Mistico vs. Ultimo Guerrero, CMLL 2/25/05 - There is also a Mistico/Perro Aguayo Jr match from this year that is seriously great too.

Technically it's lucha, so I'm going to drop the XL vs Kaiser match from Chile's XNWA promotion. 

12/6/1996 (Hair vs Hair vs Mask 3 Way) El Dandy vs ***** Casas vs El Hijo Del Santo

I also remembered liking the Rayo de Jalisco/Cien Caras mask match.

All of the CMLL PPV's they did in 2000/2001 are worth a look.


----------



## 777 (Feb 24, 2011)

I'll try to keep away from ones already mentioned.
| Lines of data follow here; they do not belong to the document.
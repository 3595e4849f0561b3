-- ===== src/Disk/Shrunk.antt =====
-- miniraft/persist.cpp: a log that RemoveLast empties while the entries stream stands behind the
-- entry that was read.
use miniraft_cpp.Prelude.{
  ℕ, ◌+◌, ◌-◌, ◌≤◌, ◌≡◌, refl, ap, sym, subst, ◌∙◌, true, List, [], ◌∷◌, ◌++◌, Option, some, length,
  drop, arith, ltb, pos, int64, ok, Result, Returns, ◌>>=◌,
}
use miniraft_cpp.Prelude.Bytes.{to_bytes, length-to_bytes, append_assoc, append_nil}
use miniraft_cpp.Messages.{LogEntry, log_entry_len}
use miniraft_cpp.State.{State}
use miniraft_cpp.Disk.{Disk, entry_bytes, get, remove_last, append, append_at, offset_after}
use miniraft_cpp.Disk.Fstream.{write}
use miniraft_cpp.Disk.Fstream.Blocks.{stream, seek-stream, write-block}
use miniraft_cpp.Disk.Layout.{log_bytes, slots, FitsLog, length-entry_bytes}
use miniraft_cpp.Disk.Lookup.{Holds, after_read, get-Holds}
use miniraft_cpp.Disk.Fields.{field_bytes, length-field_bytes, commit-field_bytes}
use miniraft_cpp.Disk.Stores.{Stores, get_zero}

-- The calls of a follower whose only entry conflicts: it reads the entry, removes it, and appends
-- the leader's. Then the entry is looked up.
unfoldable pub replace_first : LogEntry → Disk → Result (Disk × Option LogEntry)
replace_first f d = do
  read_entry ← get (pos 1) d
  emptied ← remove_last read_entry.0
  appended ← append f emptied
  get (pos 1) appended

-- An append to an empty log, wherever the entries stream stands: the entry is written there, and
-- its slot says 0.
append-empty :
    (d : Disk) (f : LogEntry) (before er ib sb : List ℕ) (ip sp : ℕ)
    → d.entries ≡ stream (before ++ er) (length before)
    → d.index ≡ stream ib ip
    → d.state ≡ stream sb sp
    → length sb ≤ 20
    → d.last_log_index ≡ 0
    → append f d
      ≡ ok (record d {
        entries =
            stream
              (before ++ entry_bytes f ++ drop (length (entry_bytes f)) er)
              (length before + length (entry_bytes f));
        index = stream (to_bytes 8 0 ++ drop 8 ib) 8;
        state = stream (field_bytes 1 d.current_term d.voted_for) 20;
        last_log_term = f.term;
        last_log_index = 1;
      })
unfolding append append_at offset_after
append-empty d f before er ib sb ip sp he hi hs short none_left =
    let written : Disk = record d {
      entries =
          stream (before ++ entry_bytes f ++ drop (length (entry_bytes f)) er)
            (length before + length (entry_bytes f));
      index = stream (to_bytes 8 0 ++ drop 8 ib) 8;
      last_log_term = f.term;
      last_log_index = 1;
    } in
    let slot : write (to_bytes 8 0) (stream ib 0) ≡ stream (to_bytes 8 0 ++ drop 8 ib) 8 =
      write-block [] (to_bytes 8 0) ib ib 0 refl refl
      ∙ ap (λ w. stream (to_bytes 8 0 ++ drop w ib) (0 + w)) (length-to_bytes 8 0) in
    let looked_up = ap (λ n. get (int64 n) d) none_left ∙ get_zero d in
    rw looked_up (
      rw
        (
          none_left,
          he,
          hi,
          seek-stream 0 ip ib,
          slot,
          write-block before (entry_bytes f) er (before ++ er) (length before) refl refl,
        )
        (commit-field_bytes written sb sp hs short))

-- A disk with one entry, on which a follower replaces that entry by another: the lookup answers the
-- entry that was removed.
pub replace_first-stale :
    (d : Disk) (s : State) (e f : LogEntry)
    → Stores d s
    → s.log ≡ e ∷ []
    → Returns (replace_first f d) (λ r. r.1 ≡ some e)
unfolding replace_first remove_last log_bytes slots
replace_first-stale d s e f st one =
    let h = st.holds in
    let eb = entry_bytes e in
    let width = length-entry_bytes e in
    let first : Disk = after_read d s.log h [] e in
    let read_first = get-Holds d s.log [] [] e h one st.fits in
    let counted : d.last_log_index ≡ 1 = h.counted ∙ ap (length {A = LogEntry}) one in
    let some_left : ltb 0 d.last_log_index ≡ true = ground (arith, counted) in
    let short = length-field_bytes d.last_log_index d.current_term d.voted_for in
    let fewer : Disk = record first { last_log_index = d.last_log_index - 1 } in
    let saved =
      commit-field_bytes fewer (field_bytes d.last_log_index d.current_term d.voted_for)
        st.state_position st.state_hold (omega (arith, short)) in
    let fields = field_bytes (d.last_log_index - 1) d.current_term d.voted_for in
    let emptied : Disk = record fewer { state = stream fields 20 } in
    let only : log_bytes s.log ≡ eb = ap log_bytes one ∙ append_nil eb in
    let behind : emptied.entries ≡ stream (eb ++ h.entries_rest) (length eb) =
      ap (λ b. stream (b ++ h.entries_rest) (0 + log_entry_len e)) only
      ∙ ap (stream (eb ++ h.entries_rest)) (omega (arith, width)) in
    let index = slots 0 s.log ++ h.index_rest in
    let short_again = length-field_bytes (d.last_log_index - 1) d.current_term d.voted_for in
    let added =
      append-empty emptied f eb h.entries_rest index fields 8 20 behind refl refl
        (omega (arith, short_again)) (omega (arith, counted)) in
    let rest = drop (length (entry_bytes f)) h.entries_rest in
    let grown : Disk = record emptied {
      entries = stream (eb ++ entry_bytes f ++ rest) (length eb + length (entry_bytes f));
      index = stream (to_bytes 8 0 ++ drop 8 index) 8;
      state = stream (field_bytes 1 d.current_term d.voted_for) 20;
      last_log_term = f.term;
      last_log_index = 1;
    } in
    let holds : Holds grown (e ∷ []) = record {
      entries_rest = entry_bytes f ++ rest;
      entries_position = length eb + length (entry_bytes f);
      entries_hold =
          ap (λ b. stream b (length eb + length (entry_bytes f)))
            (append_assoc eb (entry_bytes f) rest
              ∙ ap (λ b. b ++ (entry_bytes f ++ rest)) (sym (append_nil eb)));
      index_rest = drop 8 index;
      index_position = 8;
      index_hold = ap (λ b. stream (b ++ drop 8 index) 8) (sym (append_nil (to_bytes 8 0)));
      counted = refl;
    } in
    let found = get-Holds grown (e ∷ []) [] [] e holds refl (subst FitsLog one st.fits) in
    rw read_first (rw some_left (rw saved (rw added (rw found refl))))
LA Park vs La Parka - Triplemania 18
Mari Apache vs Fabi Apache - Triplemania 16
El Satanico vs El Dandy - EMLL - 10-26-90
***** Casas vs Mistico - Hair vs Mask - CMLL 76 Anniversario
LA Park vs Dr. Wagner Jr. - CMLL 75 Anniversario

I could keep going.


----------



## WOOLCOCK (Jun 24, 2011)

Holy shit at Panther/Atlantis 1997 finally being upped to youtube. I remember you giving me the MU link *Yeah* and then realising I may never see it again when MU went to shits. Definitely not as good as the 1991 encounter but its still outstanding, probably the Great American Bash Eddie/Rey match compared to their 1991 match which is the Halloweeen Havoc/6/23 Smackdown match.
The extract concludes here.